Dampak lain yang sering timbul dilapangan adalah keinginan semua warga untuk dapat menikmati fasilitas ini hingga menempuh segala cara dan upaya termasuk memanipulasi data tentang dirinya sendiri. Oleh karena itu Bupati Pati pernah mengeluarkan statement dan himbauan “ budaya malu menjadi miskin “ kepada segenap warga masyarakat.

ANALISA
Sebagai hak publik, pelayanan kesehatan bagi kebanyakan orang miskin dan paling miskin di negeri ini adalah sesuatu yang mahal. Tak hanya secara harfiah dalam arti biaya, namun mahal di sini juga bermakna “politis”. Yakni ketiadaan jaminan dari negara bagi publik—tak peduli berapapun kemampuan dia membayar—untuk menikmati pelayanan kesehatan yang memenuhi syarat: tersedia (available), menyeluruh (comprehensive), berkesinambungan (continue), terpadu (integrated), wajar (appropriate), dapat diterima (acceptable), bermutu (quality), mudah dicapai (accessible), serta terjangkau (affordable)
Ini diperparah dengan praktik pungli oleh para oknum birokrat di puskesmas maupun rumah sakit pemerintah.

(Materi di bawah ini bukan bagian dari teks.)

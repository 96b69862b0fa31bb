-- ===== src/Sorted/Matching.antt =====
-- Source/RKSortedRegexCollection.m: `regexMatching:lowestIndexInCollection:` and the methods on it.
use regexkit.Base.{
  ℕ, ◌+◌, ◌*◌, ◌-◌, ◌%◌, ltb, ◌==◌, Bool, true, false, not, ◌&&◌, if◌then◌else◌, Option, some, none,
  List, length, Outcome, ok, raise, ◌>>=◌, internal_inconsistency,
}
use regexkit.Foundation.{word, sub_word}
use regexkit.Sorted.{is_none, Search, new_search, entering, cache_buckets, Collection, element}
use regexkit.Sorted.Threads.{run, run_alone, all_entering}

-- `mergesort` with `sortRegexCollectionItems`, which looks at the hit counts alone.
abbrev pub Sorter : Type 0
Sorter = (ℕ → ℕ) → List ℕ → List ℕ

-- The object to match: its hash, and whether the regex of an element matches its description.
pub record MatchObject : Type 0 where
  pub hash : ℕ
  pub matches : ℕ → Bool

-- What a call meets: whether the lock is acquired, whether for writing where that is tried, whether
-- the probe for the cache is enabled, and how the threads of the pool interleave, or `none` where the
-- pool does not take the function.
pub record Circumstances : Type 0 where
  pub locked : Bool
  pub for_writing : Bool
  pub probe_enabled : Bool
  pub schedule : Option (List ℕ)

unfoldable pub resort : Sorter → Bool → Collection → Collection
resort mergesort for_writing c =
    if c.resort_required && for_writing
    then record c { sorted = mergesort c.hit_count c.sorted; resort_required = false }
    else c

abbrev pub bucket : MatchObject → ℕ
bucket o = o.hash % cache_buckets

unfoldable pub is_missed : Collection → MatchObject → Bool
is_missed c o = c.missed_object_hash_cache (bucket o) == o.hash

abbrev pub count_hit : Collection → Collection
count_hit c = record c { cache_hits = (c.cache_hits + 1) % word }

-- With the probe enabled the counter is decremented.
abbrev pub count_miss : Bool → Collection → Collection
count_miss probe_enabled c = record c {
  cache_misses = if probe_enabled then sub_word c.cache_misses 1 else (c.cache_misses + 1) % word;
}

-- The search by the threads of the pool, or else in the current thread.
unfoldable pub find : Collection → (ℕ → Bool) → Bool → Option (List ℕ) → Search
find c matches lowest none =
    (run_alone c.collection_type c.sorted matches (6 * length c.sorted + 4) (new_search lowest)
      entering).0
find c matches lowest (some schedule) =
    (run c.collection_type c.sorted matches schedule (new_search lowest) all_entering).0

abbrev pub hits_at : Collection → ℕ → ℕ
hits_at c k = c.hit_count (element c.sorted k)

-- One more hit for the element at the place.
abbrev pub increment : Collection → ℕ → Collection
increment c k = record c {
  hit_count = λ i. if i == element c.sorted k then (c.hit_count i + 1) % word else c.hit_count i;
}

abbrev pub require_resort : Collection → ℕ → Collection
require_resort c k = record c {
  resort_required =
      if ltb 0 k && ltb (hits_at c (k - 1)) (hits_at c k) then true else c.resort_required;
}

abbrev pub remember_miss : Collection → MatchObject → Collection
remember_miss c o = record c {
  missed_object_hash_cache = λ b. if b == bucket o then o.hash else c.missed_object_hash_cache b;
}

-- Behind the search.
unfoldable pub note : Collection → MatchObject → Search → Collection
note c o s =
    if is_none s.matched_regex
    then remember_miss c o
    else require_resort (increment c s.matching_sorted_index) s.matching_sorted_index

-- Behind the lock.
unfoldable pub match_locked :
    Collection → MatchObject → Bool → Bool → Option (List ℕ) → Option ℕ × Collection
match_locked c o lowest probe_enabled schedule =
    let s = find c o.matches lowest schedule in
    if is_missed c o
    then (none, count_hit c)
    else (s.matched_regex, note (count_miss probe_enabled c) o s)

-- `regexMatching:lowestIndexInCollection:`
unfoldable pub regex_matching :
    Sorter → Circumstances → MatchObject → Bool → Collection → Outcome (Option ℕ × Collection)
regex_matching mergesort at o lowest c =
    if at.locked
    then ok (match_locked (resort mergesort at.for_writing c) o lowest at.probe_enabled at.schedule)
    else raise internal_inconsistency

-- `isMatchedByAnyRegex:`
unfoldable pub is_matched_by_any_regex :
    Sorter → Circumstances → MatchObject → Collection → Outcome (Bool × Collection)
is_matched_by_any_regex mergesort at o c =
    regex_matching mergesort at o false c >>= λ r. ok (not (is_none r.0), r.1)

-- `anyRegexMatching:`
unfoldable pub any_regex_matching :
    Sorter → Circumstances → MatchObject → Collection → Outcome (Option ℕ × Collection)
any_regex_matching mergesort at o c = regex_matching mergesort at o false c

-- `firstRegexMatching:`
unfoldable pub first_regex_matching :
    Sorter → Circumstances → MatchObject → Collection → Outcome (Option ℕ × Collection)
first_regex_matching mergesort at o c = regex_matching mergesort at o true c
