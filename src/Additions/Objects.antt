-- ===== src/Additions/Objects.antt =====
-- Source/NSObject.m: the additions to `NSObject`.
use regexkit.Base.{
  ℕ, Bool, true, false, not, Option, none, some, List, get_elem?, Outcome, ok, ◌>>=◌,
}
use regexkit.Additions.{Regexes, RegexArgument, Resources}
use regexkit.Additions.Strings.{utf8_options}
use regexkit.Additions.ObjectsHeader.{DescribedObject, Answer, ErrorAnswer, NsObjectAdditions}
use regexkit.Sorted.{is_none}
use regexkit.Sorted.Matching.{Sorter, MatchObject, Circumstances, regex_matching}
use regexkit.Sorted.Making.{
  Made, Means, Library, pcre_library, CollectionArgument, sorted_regex_collection_for,
}
use regexkit.Additions.Strings

-- The regex that a search answers.
abbrev pub regex_at : {R : Type 0} → List R → Option ℕ → Option R
regex_at rs none = none
regex_at rs (some i) = get_elem? rs i

abbrev pub test_at : {R : Type 0} → (R → Bool) → List R → ℕ → Bool
test_at test rs i = elim (get_elem? rs i) [ none ↦ false | some r ↦ test r ]

-- The object as the search for its match among the regexes sees it.
abbrev pub match_object : {R : Type 0} → List R → DescribedObject R → MatchObject
match_object rs o = record { hash = o.hash; matches = test_at o.is_matched rs }

-- `== NULL ? NO : YES`
abbrev pub is_found : {R : Type 0} → ErrorAnswer R (Option R) → ErrorAnswer R Bool
is_found answer = answer >>= λ r. ok (not (is_none r.0), r.1, r.2)

abbrev pub is_found_plain : {R : Type 0} → Answer R (Option R) → Answer R Bool
is_found_plain answer = answer >>= λ r. ok (not (is_none r.0), r.1)

module _ (W : Regexes) (resources : Resources) (mergesort : Sorter) (at : Circumstances)
    (means : Means W.Regex) where
  open W use {Regex}

  -- `regexMatching:lowestIndexInCollection:`, which answers `NULL` where the collection is `NULL`.
  unfoldable pub message :
      Option (Made Regex) → DescribedObject Regex → Bool → Answer Regex (Option Regex)
  message none o lowest = ok (none, none)
  message (some m) o lowest =
      regex_matching mergesort at (match_object m.regexes o) lowest m.state >>= λ r.
      ok (regex_at m.regexes r.0, some (record m { state = r.1 }))

  -- The expression of the methods.
  unfoldable pub matching :
      DescribedObject Regex
      → CollectionArgument Regex
      → Option Library
      → ℕ
      → Bool
      → ErrorAnswer Regex (Option Regex)
  matching o a library option lowest = sorted_regex_collection_for W means a library option >>= λ c.
      message c.0 o lowest >>= λ r. ok (r.0, c.1, r.1)

  abbrev pub by_default :
      DescribedObject Regex → CollectionArgument Regex → Bool → Answer Regex (Option Regex)
  by_default o a lowest =
      matching o a (some pcre_library) utf8_options lowest >>= λ r. ok (r.0, r.2)

  unfoldable pub is_matched_by_regex : DescribedObject Regex → RegexArgument Regex → Outcome Bool
  is_matched_by_regex o r = Strings.is_matched_by_regex W resources o.description r

  unfoldable pub is_matched_by_any_regex_in_array :
      DescribedObject Regex → CollectionArgument Regex → Answer Regex Bool
  is_matched_by_any_regex_in_array o a = is_found_plain (by_default o a false)

  unfoldable pub any_matching_regex_in_array :
      DescribedObject Regex → CollectionArgument Regex → Answer Regex (Option Regex)
  any_matching_regex_in_array o a = by_default o a false

  unfoldable pub first_matching_regex_in_array :
      DescribedObject Regex → CollectionArgument Regex → Answer Regex (Option Regex)
  first_matching_regex_in_array o a = by_default o a true

  unfoldable pub is_matched_by_any_regex_in_array_error :
      DescribedObject Regex → CollectionArgument Regex → Option Library → ℕ → ErrorAnswer Regex Bool
  is_matched_by_any_regex_in_array_error o a library option =
      is_found (matching o a library option false)

  unfoldable pub any_matching_regex_in_array_error :
      DescribedObject Regex
      → CollectionArgument Regex
      → Option Library
      → ℕ
      → ErrorAnswer Regex (Option Regex)
  any_matching_regex_in_array_error o a library option = matching o a library option false

  unfoldable pub first_matching_regex_in_array_error :
      DescribedObject Regex
      → CollectionArgument Regex
      → Option Library
      → ℕ
      → ErrorAnswer Regex (Option Regex)
  first_matching_regex_in_array_error o a library option = matching o a library option true

  unfoldable pub is_matched_by_any_regex_in_set :
      DescribedObject Regex → CollectionArgument Regex → Answer Regex Bool
  is_matched_by_any_regex_in_set o a = is_found_plain (by_default o a false)

  unfoldable pub any_matching_regex_in_set :
      DescribedObject Regex → CollectionArgument Regex → Answer Regex (Option Regex)
  any_matching_regex_in_set o a = by_default o a false

  unfoldable pub is_matched_by_any_regex_in_set_error :
      DescribedObject Regex → CollectionArgument Regex → Option Library → ℕ → ErrorAnswer Regex Bool
  is_matched_by_any_regex_in_set_error o a library option =
      is_found (matching o a library option false)

  unfoldable pub any_matching_regex_in_set_error :
      DescribedObject Regex
      → CollectionArgument Regex
      → Option Library
      → ℕ
      → ErrorAnswer Regex (Option Regex)
  any_matching_regex_in_set_error o a library option = matching o a library option false

  unfoldable pub ns_object_additions : NsObjectAdditions Regex
  ns_object_additions = record {
    is_matched_by_regex = is_matched_by_regex;
    is_matched_by_any_regex_in_array = is_matched_by_any_regex_in_array;
    any_matching_regex_in_array = any_matching_regex_in_array;
    first_matching_regex_in_array = first_matching_regex_in_array;
    is_matched_by_any_regex_in_array_error = is_matched_by_any_regex_in_array_error;
    any_matching_regex_in_array_error = any_matching_regex_in_array_error;
    first_matching_regex_in_array_error = first_matching_regex_in_array_error;
    is_matched_by_any_regex_in_set = is_matched_by_any_regex_in_set;
    any_matching_regex_in_set = any_matching_regex_in_set;
    is_matched_by_any_regex_in_set_error = is_matched_by_any_regex_in_set_error;
    any_matching_regex_in_set_error = any_matching_regex_in_set_error;
  }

Untuk layanan yang sejatinya merupakan hak mereka, pasien harus memberikan bayaran yang jumlahnya cukup besar bagi orang miskin dan kadang masih harus memberikan sogokan untuk mendapatkan layanan dengan kualitas lebih baik. Alhasil, status kesehatan masyarakat tidak meningkat secara nyata. Masyarakat pun cenderung berobat langsung ke rumah sakit (atau klinik swasta) sehingga biaya kesehatan tidak efisien.
Maka pada saat biaya kesehatan terus naik hingga mengakibatkan kemampuan publik miskin dan paling miskin merosot, pemerintah daerah harusnya menjadikan program Jamkesda ini menjadi lebih bermanfaat dan berdaya guna. Bukannya cenderung berupaya menambah porsi keterlibatan publik dalam pembiayaan pelayanan kesehatan, seraya mengurangi berbagai macam subsidi. Kebijakan privatisasi dan swastanisasi di sektor kesehatan makin gencar. Implementasinya bisa berupa perubahan status puskesmas dari bersubsidi ke puskesmas swakelola dan swadaya; ataupun metamorfosis status rumah sakit pemerintah dari perusahaan daerah menjadi perseroan terbatas.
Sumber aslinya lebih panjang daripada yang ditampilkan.